March is a big month for catching up on your sleep. Two major events are taking place in the next few weeks.
National Sleep Awareness Week is happening from March 5 to 11, while World Sleep Day is a global event is happening on March 17th. We also have the clocks jumping forward on March 12th…which means losing an hour of sleep (blah!) but I have to say I’m excited for the longer daylight hours.
In honour of all the sleep talk I want to dive into why so many of us are not getting enough sleep.
Lack of sleep doesn’t just make you tired. It also makes you gain weight, according to scientists.
There are so many important chemical reactions in the body that involve healing and repair when you sleep and if you are not sleeping enough this can drastically effect your hormone levels resulting in slower or stalled weight loss, making it extremely hard for you to sick to any kind of food plan without experiencing major cravings or erratic hunger.
Here are Top 3 Reasons Why:
1. Hormone Response
Within just four days of sleep deprivation, your body’s ability to properly use insulin (the master storage hormone) becomes completely buckled.
Here’s why that’s bad: When your insulin is functioning well, fat cells remove fatty acids and lipids from your blood stream and prevent storage. When you become more insulin resistant, fats (lipids) circulate in your blood and excrete more insulin. Eventually this excess insulin ends up storing fat in all the wrong places, such as tissues like your liver. And this is exactly how you become fat and suffer from diseases like diabetes.
2. Lack of Sleep Makes You More Hungry and Crave More Junk Foods
Sleep balances your appetite by maintaining proper levels of ghrelin and leptin.
Leptin is a hormone that is produced in your fat cells. The less leptin you produce, the more your stomach feels empty. The more ghrelin you produce, the more you stimulate hunger while also reducing the amount of calories you burn (your metabolism) and increasing the amount fat you store.
Not enough sleep may cause unbalanced levels of prolactin which is linked to a lowered immune system and sugar cravings. So you’re more likely to crave that donut or piece of cake.
3. Messes Up Your Workouts
Just as important, lack of sleep makes it harder for your body to recover from exercise by slowing down the production of growth hormone, your natural source of anti-aging and fat burning that also facilitates recovery. This happens in two different ways:
1. Poor sleep means less slow wave sleep, which is when the most growth hormone is released.
2. As previously mentioned, a poor night of rest increases the stress hormone cortisol, which slows down the production of growth hormone.
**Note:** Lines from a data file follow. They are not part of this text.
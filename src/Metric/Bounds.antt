-- ===== src/Metric/Bounds.antt =====
-- The ranges of the time rings and of the run counts of core/metric.c.
use syswatcher.Base.{
  zero, suc, ◌≤◌, ◌≡◌, false, List, [], ◌∷◌, arith, All, map, Bool-cases, inl, inr, ◌⊎◌, ℤ, pos,
  negsuc, pred_ℤ, is_zero,
}
use syswatcher.Metric.{SubMetricUnit, MetricUnit, run_sub_metric, traverse}
use syswatcher.Metric.Tick.{stepped, settled, any_due, run_sub_metric-closed}

-- -1 (for ever), 1 (once) or 0 (done).
abbrev pub IsRunTime : ℤ → Type 0
IsRunTime r = (r ≡ negsuc 0) ⊎ (r ≡ pos 1) ⊎ (r ≡ pos 0)

-- 0 ≤ left ≤ interval
abbrev pub IsWithin : ℤ → ℤ → Type 0
IsWithin (pos k) (pos n) = k ≤ n
IsWithin (pos k) (negsuc n) = ⊥
IsWithin (negsuc k) i = ⊥

pub record InRing (s : SubMetricUnit) : Type 0 where
  pub runs : IsRunTime s.run_time
  pub within : IsWithin s.time_ring_left s.interval

IsWithin-pred : (l i : ℤ) → is_zero l ≡ false → IsWithin l i → IsWithin (pred_ℤ l) i
IsWithin-pred (pos zero) i e w = cc
IsWithin-pred (pos (suc k)) (pos n) e w = omega arith
IsWithin-pred (pos (suc k)) (negsuc n) e w = absurd w
IsWithin-pred (negsuc k) i e w = absurd w

IsWithin-full : (l i : ℤ) → IsWithin l i → IsWithin i i
IsWithin-full (pos k) (pos n) w = omega arith
IsWithin-full (pos k) (negsuc n) w = absurd w
IsWithin-full (negsuc k) i w = absurd w

stepped-InRing : (s : SubMetricUnit) → InRing s → InRing (stepped s)
unfolding stepped
stepped-InRing s r = ground (arith, IsWithin-pred s.time_ring_left s.interval)

settled-InRing : (s : SubMetricUnit) → InRing s → InRing (settled s)
unfolding settled
settled-InRing s r = ground (arith, IsWithin-full s.time_ring_left s.interval)

All-map :
    (f : SubMetricUnit → SubMetricUnit)
    → ((s : SubMetricUnit) → InRing s → InRing (f s))
    → (ss : List SubMetricUnit) → All InRing ss
    → All InRing (map f ss)
All-map f keep [] r = tt
All-map f keep (s ∷ ss) r = (keep s r.0, All-map f keep ss r.1)

run_sub_metric-InRing :
    (unit : MetricUnit) → All InRing unit.sub_metrics → All InRing (run_sub_metric unit).sub_metrics
run_sub_metric-InRing unit r =
    let moved = All-map stepped stepped-InRing unit.sub_metrics r in
    elim (Bool-cases (any_due unit.sub_metrics)) [
      | inl e ↦ rw (run_sub_metric-closed unit, e) (All-map settled settled-InRing _ moved)
      | inr e ↦ rw (run_sub_metric-closed unit, e) moved
    ]

-- A pass over all units keeps every ring between 0 and its interval, and every run count at -1, 1
-- or 0, if they were so before.
pub traverse-InRing :
    (units : List MetricUnit)
    → All (λ u. All InRing u.sub_metrics) units
    → All (λ u. All InRing u.sub_metrics) (traverse units)
unfolding traverse
traverse-InRing [] r = tt
traverse-InRing (u ∷ us) r = (ground (arith, run_sub_metric-InRing u), traverse-InRing us r.1)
That means that the already reduced production of growth hormone due to lack of slow wave sleep is further reduced by more cortisol in your system. It’s a vicious cycle.
So How much Sleep Should You Be Getting?
It depends from person to person. Generally speaking a person between the ages of 20-65 is recommended to get between 7 and 8 hours a night. Women tend to need more sleep than men.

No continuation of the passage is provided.